When you find the word "IsFound" in a line of the entries, please copy the whole line.

*Input data*:
▶

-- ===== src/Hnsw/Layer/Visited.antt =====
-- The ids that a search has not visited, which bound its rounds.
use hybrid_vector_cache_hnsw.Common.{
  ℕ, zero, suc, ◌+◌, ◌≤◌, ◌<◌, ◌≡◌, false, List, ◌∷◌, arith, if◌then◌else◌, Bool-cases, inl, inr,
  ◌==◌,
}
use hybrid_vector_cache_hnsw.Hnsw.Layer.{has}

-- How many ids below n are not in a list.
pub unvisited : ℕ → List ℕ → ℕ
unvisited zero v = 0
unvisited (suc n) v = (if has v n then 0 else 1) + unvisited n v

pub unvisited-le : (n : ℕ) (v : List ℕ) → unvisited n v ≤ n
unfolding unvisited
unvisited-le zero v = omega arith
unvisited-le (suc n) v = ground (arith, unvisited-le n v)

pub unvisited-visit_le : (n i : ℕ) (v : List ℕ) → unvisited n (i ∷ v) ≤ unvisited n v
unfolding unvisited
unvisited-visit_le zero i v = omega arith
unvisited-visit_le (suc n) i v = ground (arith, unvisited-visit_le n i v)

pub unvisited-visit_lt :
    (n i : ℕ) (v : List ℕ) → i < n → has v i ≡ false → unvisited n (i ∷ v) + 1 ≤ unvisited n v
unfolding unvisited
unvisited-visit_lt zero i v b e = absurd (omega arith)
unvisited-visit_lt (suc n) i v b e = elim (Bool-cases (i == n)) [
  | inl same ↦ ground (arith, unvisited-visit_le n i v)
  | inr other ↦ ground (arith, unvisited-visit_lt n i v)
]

◀
▶

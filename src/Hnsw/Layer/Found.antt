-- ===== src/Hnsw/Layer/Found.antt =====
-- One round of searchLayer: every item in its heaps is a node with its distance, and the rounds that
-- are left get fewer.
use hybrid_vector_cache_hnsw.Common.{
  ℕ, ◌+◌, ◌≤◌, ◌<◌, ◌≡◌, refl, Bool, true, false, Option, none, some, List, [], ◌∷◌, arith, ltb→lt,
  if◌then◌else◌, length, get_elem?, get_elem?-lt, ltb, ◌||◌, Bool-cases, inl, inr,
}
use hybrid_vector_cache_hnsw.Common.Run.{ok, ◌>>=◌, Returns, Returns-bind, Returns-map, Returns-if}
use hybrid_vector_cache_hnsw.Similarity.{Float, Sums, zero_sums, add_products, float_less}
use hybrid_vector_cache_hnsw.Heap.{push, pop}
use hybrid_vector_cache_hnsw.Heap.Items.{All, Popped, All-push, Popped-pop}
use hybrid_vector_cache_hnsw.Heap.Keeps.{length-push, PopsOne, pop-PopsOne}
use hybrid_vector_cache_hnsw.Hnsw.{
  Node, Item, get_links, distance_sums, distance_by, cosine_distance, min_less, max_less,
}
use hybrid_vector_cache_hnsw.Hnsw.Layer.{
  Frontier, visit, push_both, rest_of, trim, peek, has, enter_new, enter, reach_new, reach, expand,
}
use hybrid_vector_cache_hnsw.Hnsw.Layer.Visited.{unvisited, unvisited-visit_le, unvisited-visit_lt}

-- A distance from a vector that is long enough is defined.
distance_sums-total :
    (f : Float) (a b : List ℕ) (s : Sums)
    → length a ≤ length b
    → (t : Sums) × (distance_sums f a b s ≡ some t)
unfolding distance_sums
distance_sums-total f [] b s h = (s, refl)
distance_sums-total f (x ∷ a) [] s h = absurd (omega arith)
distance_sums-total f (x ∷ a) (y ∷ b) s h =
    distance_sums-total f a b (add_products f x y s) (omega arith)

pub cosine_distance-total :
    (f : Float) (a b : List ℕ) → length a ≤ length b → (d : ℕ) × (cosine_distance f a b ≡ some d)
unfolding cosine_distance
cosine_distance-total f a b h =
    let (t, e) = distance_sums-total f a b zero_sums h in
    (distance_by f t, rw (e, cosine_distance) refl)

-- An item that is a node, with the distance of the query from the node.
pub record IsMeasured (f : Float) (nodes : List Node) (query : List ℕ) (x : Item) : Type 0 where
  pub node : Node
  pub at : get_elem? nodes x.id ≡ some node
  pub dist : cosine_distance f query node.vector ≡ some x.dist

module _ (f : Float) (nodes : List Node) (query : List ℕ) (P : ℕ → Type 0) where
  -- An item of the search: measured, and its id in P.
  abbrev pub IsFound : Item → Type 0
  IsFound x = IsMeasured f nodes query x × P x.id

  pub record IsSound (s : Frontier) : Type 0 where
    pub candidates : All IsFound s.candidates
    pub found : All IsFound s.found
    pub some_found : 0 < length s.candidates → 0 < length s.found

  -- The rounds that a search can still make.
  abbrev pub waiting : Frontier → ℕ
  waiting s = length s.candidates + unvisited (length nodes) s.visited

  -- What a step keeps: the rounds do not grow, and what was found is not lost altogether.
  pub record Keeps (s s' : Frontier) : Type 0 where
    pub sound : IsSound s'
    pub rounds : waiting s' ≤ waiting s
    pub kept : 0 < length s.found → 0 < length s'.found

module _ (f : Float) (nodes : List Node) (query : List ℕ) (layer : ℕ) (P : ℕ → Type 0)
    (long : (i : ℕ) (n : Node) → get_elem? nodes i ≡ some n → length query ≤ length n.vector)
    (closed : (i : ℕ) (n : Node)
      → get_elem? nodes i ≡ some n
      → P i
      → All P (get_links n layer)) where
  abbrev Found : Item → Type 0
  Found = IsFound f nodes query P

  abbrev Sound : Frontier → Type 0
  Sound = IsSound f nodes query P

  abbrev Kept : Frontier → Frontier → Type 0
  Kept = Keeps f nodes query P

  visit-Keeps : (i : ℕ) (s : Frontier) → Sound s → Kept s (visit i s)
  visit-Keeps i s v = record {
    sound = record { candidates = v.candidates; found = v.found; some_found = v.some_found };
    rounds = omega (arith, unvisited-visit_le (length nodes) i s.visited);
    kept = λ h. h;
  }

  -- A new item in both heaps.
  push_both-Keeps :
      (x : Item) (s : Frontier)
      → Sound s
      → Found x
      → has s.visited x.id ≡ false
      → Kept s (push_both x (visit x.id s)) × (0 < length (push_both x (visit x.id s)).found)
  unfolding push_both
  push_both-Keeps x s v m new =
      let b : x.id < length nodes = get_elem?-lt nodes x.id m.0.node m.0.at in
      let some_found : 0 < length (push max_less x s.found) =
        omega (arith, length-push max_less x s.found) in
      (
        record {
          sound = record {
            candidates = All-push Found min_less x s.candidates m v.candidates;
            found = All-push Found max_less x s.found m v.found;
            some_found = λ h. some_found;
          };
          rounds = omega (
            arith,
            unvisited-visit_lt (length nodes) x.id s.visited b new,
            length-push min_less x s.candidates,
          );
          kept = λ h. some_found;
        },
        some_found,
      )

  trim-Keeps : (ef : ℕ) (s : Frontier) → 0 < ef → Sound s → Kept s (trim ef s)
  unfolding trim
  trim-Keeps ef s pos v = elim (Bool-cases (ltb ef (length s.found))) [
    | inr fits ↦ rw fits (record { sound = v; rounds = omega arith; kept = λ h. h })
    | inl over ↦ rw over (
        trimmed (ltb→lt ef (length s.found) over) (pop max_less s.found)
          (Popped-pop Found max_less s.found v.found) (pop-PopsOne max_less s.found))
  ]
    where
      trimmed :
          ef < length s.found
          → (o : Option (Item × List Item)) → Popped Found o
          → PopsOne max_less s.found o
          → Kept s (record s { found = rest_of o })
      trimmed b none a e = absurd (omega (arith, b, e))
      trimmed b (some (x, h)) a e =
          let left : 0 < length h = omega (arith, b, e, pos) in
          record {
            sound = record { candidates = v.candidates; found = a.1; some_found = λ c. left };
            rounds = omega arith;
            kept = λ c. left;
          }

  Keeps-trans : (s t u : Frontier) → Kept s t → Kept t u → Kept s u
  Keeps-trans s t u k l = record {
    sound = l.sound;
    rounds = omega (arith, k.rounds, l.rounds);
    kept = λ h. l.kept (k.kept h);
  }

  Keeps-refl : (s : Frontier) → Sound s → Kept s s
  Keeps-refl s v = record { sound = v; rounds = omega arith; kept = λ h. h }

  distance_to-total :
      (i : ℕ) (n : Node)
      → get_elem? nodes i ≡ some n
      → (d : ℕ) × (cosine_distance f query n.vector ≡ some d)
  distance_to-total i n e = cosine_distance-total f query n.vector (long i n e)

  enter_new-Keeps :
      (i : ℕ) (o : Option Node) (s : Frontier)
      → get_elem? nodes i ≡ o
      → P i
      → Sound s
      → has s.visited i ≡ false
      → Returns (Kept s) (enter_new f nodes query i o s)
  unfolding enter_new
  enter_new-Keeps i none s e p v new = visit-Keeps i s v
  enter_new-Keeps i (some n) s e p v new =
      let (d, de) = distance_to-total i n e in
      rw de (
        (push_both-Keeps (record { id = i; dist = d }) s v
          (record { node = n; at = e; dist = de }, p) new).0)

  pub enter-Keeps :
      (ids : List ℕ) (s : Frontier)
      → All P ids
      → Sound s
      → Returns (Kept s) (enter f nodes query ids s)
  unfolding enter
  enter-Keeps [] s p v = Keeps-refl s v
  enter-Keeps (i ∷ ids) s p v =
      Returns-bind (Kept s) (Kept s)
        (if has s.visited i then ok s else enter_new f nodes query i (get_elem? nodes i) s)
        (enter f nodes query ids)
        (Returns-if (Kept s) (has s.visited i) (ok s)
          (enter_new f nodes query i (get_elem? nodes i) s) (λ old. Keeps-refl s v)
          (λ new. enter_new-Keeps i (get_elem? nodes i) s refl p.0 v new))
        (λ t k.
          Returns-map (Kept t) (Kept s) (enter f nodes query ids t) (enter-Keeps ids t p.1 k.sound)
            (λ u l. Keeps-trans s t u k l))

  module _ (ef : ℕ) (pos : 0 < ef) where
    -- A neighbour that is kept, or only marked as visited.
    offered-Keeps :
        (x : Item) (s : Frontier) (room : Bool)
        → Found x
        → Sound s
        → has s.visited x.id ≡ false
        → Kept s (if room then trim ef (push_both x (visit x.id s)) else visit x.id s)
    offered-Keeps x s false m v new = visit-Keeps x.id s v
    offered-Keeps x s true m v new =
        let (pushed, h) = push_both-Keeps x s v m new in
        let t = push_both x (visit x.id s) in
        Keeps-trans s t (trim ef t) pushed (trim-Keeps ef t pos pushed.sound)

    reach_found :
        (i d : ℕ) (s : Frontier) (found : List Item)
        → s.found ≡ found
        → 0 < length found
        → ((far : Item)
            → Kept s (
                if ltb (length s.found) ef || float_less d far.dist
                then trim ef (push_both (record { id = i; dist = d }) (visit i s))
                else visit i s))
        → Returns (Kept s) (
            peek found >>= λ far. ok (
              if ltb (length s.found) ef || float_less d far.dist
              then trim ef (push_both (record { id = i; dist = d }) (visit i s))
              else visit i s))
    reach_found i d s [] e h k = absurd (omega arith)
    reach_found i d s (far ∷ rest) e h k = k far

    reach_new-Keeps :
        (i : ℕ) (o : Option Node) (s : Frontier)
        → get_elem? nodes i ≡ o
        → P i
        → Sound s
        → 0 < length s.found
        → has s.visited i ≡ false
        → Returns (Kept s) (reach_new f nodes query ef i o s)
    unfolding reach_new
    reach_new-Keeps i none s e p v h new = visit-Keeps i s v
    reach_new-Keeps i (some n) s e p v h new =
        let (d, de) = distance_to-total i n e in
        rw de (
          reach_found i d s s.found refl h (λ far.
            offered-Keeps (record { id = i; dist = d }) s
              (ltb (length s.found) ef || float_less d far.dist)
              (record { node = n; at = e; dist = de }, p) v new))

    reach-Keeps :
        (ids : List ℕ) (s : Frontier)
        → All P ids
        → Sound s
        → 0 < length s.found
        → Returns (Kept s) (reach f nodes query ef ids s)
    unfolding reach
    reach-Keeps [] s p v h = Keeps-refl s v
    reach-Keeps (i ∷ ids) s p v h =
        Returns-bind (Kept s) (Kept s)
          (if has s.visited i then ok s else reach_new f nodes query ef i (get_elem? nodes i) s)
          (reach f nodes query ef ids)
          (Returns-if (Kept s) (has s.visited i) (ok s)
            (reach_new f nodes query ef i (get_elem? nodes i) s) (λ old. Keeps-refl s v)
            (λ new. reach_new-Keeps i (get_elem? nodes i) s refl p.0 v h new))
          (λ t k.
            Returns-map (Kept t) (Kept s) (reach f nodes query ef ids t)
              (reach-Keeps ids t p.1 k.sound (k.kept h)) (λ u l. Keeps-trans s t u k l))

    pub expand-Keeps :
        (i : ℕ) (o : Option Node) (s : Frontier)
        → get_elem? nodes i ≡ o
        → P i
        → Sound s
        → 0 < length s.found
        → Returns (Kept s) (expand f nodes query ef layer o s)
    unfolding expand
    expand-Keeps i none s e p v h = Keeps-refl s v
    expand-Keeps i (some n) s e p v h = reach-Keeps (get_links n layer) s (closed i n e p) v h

◀

*Your solution*:
  abbrev pub IsFound : Item → Type 0
  IsFound x = IsMeasured f nodes query x × P x.id
    pub candidates : All IsFound s.candidates
    pub found : All IsFound s.found
  Found = IsFound f nodes query P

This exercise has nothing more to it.